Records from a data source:
● ● ● ● ● ● ●

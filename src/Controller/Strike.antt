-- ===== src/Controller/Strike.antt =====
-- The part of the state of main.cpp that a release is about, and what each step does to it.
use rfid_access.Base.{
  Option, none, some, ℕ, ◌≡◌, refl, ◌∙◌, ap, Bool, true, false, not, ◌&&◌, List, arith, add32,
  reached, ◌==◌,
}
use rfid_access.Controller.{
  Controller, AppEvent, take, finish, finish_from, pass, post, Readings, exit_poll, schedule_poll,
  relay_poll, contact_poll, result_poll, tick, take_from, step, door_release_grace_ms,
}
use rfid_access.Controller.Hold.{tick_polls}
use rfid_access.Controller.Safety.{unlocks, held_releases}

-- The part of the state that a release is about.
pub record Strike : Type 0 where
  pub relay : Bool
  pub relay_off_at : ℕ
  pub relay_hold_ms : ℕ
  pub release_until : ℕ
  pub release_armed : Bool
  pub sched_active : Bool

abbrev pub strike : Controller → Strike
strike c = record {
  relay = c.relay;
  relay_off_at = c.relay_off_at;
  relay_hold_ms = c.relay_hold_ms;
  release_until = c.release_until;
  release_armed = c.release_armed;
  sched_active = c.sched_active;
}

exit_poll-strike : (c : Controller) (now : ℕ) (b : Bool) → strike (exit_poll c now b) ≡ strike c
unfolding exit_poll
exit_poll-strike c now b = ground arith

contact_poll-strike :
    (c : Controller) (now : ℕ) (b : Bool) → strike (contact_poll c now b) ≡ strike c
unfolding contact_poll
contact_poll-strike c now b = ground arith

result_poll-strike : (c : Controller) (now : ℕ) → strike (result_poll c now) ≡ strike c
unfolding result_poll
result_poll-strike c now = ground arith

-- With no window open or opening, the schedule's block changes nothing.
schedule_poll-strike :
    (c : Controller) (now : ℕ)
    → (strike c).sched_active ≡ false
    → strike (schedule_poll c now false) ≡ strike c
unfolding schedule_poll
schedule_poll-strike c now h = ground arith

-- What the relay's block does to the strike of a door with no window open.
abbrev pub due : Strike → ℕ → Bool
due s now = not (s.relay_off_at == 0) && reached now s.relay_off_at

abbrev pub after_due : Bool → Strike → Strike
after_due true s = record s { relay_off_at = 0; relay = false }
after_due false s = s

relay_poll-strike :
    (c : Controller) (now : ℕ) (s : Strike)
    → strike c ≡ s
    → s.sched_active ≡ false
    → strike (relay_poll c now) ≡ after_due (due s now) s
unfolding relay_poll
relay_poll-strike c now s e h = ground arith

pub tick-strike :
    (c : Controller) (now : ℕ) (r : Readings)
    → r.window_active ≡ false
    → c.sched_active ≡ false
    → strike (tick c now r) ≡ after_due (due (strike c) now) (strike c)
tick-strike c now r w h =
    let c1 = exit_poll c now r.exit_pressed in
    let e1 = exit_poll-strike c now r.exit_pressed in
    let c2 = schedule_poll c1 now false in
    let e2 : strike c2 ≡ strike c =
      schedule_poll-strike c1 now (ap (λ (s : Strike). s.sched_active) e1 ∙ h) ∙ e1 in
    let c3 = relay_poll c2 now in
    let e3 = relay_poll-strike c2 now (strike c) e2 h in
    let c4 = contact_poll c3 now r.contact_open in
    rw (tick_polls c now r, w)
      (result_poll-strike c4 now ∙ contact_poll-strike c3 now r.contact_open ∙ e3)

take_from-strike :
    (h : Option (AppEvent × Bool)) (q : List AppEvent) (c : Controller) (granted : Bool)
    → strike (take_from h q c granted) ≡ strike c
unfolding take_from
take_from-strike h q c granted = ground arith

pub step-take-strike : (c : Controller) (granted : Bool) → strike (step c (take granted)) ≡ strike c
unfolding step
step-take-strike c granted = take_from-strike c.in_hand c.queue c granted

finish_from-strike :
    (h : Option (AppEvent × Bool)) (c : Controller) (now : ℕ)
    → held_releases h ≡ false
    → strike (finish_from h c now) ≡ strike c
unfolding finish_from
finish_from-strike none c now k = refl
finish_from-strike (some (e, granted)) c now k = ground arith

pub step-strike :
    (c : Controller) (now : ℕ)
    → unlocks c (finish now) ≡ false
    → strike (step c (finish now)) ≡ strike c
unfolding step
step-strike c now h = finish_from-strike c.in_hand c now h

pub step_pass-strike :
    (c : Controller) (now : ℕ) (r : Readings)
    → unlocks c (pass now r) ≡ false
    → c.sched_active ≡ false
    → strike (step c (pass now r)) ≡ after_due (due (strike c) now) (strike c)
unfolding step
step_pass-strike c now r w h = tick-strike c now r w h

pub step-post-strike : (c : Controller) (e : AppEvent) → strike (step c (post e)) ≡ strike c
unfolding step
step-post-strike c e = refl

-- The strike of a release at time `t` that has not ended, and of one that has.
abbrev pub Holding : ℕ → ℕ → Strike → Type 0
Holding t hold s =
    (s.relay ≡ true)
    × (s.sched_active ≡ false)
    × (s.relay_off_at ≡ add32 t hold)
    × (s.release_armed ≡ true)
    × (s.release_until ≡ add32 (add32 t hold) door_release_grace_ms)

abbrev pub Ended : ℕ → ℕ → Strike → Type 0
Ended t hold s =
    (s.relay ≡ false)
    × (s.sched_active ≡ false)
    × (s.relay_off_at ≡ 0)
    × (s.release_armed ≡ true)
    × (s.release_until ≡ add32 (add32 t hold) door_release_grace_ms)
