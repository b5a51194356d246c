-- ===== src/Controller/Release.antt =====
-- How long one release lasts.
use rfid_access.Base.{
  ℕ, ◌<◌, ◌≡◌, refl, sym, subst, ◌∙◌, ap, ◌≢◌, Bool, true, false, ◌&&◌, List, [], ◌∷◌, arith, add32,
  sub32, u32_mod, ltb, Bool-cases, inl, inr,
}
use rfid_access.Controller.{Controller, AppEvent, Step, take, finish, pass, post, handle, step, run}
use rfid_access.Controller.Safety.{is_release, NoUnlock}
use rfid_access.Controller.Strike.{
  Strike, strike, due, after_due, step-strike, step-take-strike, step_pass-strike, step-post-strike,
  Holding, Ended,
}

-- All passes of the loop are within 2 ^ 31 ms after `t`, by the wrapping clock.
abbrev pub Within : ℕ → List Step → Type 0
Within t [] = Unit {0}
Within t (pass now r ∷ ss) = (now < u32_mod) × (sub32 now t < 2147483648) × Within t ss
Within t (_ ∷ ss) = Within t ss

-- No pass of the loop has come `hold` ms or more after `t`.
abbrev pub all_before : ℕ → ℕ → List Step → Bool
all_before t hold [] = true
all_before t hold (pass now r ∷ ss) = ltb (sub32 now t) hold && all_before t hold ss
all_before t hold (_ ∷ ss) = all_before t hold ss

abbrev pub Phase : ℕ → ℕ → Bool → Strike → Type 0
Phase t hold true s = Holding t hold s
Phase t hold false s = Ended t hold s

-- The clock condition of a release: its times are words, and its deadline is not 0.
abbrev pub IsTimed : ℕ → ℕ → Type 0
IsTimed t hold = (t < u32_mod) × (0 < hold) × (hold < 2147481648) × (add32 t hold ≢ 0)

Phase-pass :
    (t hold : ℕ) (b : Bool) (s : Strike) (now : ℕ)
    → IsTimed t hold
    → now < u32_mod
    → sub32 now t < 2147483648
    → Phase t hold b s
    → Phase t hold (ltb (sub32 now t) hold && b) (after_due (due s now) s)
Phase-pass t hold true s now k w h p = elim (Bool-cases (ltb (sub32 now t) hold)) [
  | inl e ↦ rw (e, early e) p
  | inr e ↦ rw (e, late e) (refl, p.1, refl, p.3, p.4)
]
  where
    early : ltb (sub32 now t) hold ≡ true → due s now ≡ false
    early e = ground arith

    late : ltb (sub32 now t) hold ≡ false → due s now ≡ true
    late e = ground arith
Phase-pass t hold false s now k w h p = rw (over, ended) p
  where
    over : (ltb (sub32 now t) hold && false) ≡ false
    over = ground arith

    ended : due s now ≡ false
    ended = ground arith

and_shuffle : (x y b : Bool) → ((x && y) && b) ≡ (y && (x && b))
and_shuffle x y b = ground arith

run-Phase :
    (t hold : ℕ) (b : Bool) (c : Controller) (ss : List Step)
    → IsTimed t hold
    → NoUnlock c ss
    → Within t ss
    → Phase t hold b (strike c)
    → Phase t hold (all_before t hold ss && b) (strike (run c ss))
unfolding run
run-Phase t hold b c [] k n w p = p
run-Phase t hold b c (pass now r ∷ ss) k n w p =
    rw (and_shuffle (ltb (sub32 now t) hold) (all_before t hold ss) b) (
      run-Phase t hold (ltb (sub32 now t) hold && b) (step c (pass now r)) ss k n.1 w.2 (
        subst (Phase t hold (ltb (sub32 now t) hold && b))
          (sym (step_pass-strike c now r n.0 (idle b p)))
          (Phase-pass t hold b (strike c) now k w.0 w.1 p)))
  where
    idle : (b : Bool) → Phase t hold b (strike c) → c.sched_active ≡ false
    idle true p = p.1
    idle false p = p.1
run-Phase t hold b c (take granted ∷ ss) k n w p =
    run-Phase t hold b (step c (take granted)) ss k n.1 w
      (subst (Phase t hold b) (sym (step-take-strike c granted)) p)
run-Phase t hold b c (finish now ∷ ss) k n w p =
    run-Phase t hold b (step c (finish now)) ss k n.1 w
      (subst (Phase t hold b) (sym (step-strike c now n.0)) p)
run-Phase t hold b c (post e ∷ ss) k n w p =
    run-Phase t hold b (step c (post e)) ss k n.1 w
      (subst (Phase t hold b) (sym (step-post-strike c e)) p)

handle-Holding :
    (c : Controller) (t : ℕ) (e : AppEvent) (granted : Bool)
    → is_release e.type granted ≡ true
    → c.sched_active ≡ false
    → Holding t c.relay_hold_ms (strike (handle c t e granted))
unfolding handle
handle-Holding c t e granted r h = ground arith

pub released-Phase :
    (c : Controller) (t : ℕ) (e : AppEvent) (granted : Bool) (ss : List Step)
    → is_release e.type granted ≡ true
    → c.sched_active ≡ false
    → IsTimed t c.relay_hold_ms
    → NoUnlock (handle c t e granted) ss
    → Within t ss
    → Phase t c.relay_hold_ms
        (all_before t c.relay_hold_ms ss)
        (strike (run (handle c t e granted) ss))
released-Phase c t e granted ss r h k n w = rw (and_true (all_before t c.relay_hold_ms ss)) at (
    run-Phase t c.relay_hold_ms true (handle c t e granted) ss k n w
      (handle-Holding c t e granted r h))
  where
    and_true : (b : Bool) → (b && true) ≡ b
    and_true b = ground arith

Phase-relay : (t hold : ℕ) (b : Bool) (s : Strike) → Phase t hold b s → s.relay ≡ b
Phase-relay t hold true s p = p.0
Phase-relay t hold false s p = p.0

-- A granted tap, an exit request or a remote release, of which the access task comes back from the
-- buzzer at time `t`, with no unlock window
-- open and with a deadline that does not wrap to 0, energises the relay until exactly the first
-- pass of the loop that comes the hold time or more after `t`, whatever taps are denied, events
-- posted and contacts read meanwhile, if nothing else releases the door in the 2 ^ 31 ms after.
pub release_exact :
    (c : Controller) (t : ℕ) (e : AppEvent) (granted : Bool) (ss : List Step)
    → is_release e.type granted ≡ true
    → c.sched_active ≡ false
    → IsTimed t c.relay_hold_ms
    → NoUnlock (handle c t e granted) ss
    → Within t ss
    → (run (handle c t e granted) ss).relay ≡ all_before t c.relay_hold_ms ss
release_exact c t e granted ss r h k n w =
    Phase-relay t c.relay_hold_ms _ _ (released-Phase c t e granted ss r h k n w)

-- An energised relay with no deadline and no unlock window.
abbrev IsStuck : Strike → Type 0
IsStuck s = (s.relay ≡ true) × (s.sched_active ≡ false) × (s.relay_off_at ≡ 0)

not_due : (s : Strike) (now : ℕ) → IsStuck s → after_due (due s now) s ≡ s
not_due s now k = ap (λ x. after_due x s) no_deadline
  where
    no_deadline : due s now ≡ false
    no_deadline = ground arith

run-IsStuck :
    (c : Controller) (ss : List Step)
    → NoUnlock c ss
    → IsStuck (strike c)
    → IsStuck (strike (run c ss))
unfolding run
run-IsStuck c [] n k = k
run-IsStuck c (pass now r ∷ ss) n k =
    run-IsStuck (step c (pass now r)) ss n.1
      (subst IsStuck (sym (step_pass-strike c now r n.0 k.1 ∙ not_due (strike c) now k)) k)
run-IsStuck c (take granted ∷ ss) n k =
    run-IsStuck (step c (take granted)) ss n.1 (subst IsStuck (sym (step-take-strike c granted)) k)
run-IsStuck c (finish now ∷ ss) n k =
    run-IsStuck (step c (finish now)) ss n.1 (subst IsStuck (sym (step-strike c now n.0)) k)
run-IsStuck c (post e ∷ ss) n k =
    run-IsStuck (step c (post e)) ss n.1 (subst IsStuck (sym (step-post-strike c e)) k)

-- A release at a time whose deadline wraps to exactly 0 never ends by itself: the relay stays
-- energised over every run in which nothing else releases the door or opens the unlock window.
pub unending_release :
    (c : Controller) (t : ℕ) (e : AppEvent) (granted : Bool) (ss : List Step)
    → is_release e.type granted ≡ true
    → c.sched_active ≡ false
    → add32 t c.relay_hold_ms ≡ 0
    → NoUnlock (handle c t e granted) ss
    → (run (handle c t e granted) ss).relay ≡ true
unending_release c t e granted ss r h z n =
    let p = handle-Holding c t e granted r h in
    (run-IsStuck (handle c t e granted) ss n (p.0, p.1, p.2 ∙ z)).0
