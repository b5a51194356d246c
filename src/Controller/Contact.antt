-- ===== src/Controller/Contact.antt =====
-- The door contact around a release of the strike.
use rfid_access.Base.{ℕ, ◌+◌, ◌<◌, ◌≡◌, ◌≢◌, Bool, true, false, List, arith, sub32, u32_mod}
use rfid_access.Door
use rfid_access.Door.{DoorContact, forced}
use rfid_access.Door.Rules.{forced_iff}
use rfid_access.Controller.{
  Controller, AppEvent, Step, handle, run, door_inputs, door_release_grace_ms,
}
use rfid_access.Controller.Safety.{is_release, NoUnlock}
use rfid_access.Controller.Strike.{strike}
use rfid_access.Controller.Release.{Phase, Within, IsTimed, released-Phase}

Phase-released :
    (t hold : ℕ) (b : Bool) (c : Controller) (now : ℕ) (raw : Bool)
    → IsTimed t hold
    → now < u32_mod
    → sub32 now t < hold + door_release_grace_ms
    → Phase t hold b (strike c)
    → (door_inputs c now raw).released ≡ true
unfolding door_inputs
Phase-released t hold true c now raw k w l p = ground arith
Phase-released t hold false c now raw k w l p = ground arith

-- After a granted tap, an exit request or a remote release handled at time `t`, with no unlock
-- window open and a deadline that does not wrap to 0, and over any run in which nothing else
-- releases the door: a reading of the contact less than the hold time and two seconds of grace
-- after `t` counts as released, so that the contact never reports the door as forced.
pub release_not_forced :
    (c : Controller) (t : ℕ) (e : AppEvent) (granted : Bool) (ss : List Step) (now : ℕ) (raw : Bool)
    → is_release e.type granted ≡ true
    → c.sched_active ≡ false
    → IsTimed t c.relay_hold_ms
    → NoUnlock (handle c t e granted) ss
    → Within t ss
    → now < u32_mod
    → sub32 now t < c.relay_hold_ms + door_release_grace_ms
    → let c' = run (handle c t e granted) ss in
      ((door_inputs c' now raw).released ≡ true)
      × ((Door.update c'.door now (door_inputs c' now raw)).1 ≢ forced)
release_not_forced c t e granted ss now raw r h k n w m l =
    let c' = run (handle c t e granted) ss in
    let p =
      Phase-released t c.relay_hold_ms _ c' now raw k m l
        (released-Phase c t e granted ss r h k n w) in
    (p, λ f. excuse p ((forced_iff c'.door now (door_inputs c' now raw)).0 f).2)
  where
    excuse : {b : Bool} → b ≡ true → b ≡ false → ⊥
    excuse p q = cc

● ● ● ● ● ● ●

### Assigned task
Every line of the records that includes the word "about" should be gathered.

### Completed exercise
-- The part of the state of main.cpp that a release is about, and what each step does to it.
-- The part of the state that a release is about.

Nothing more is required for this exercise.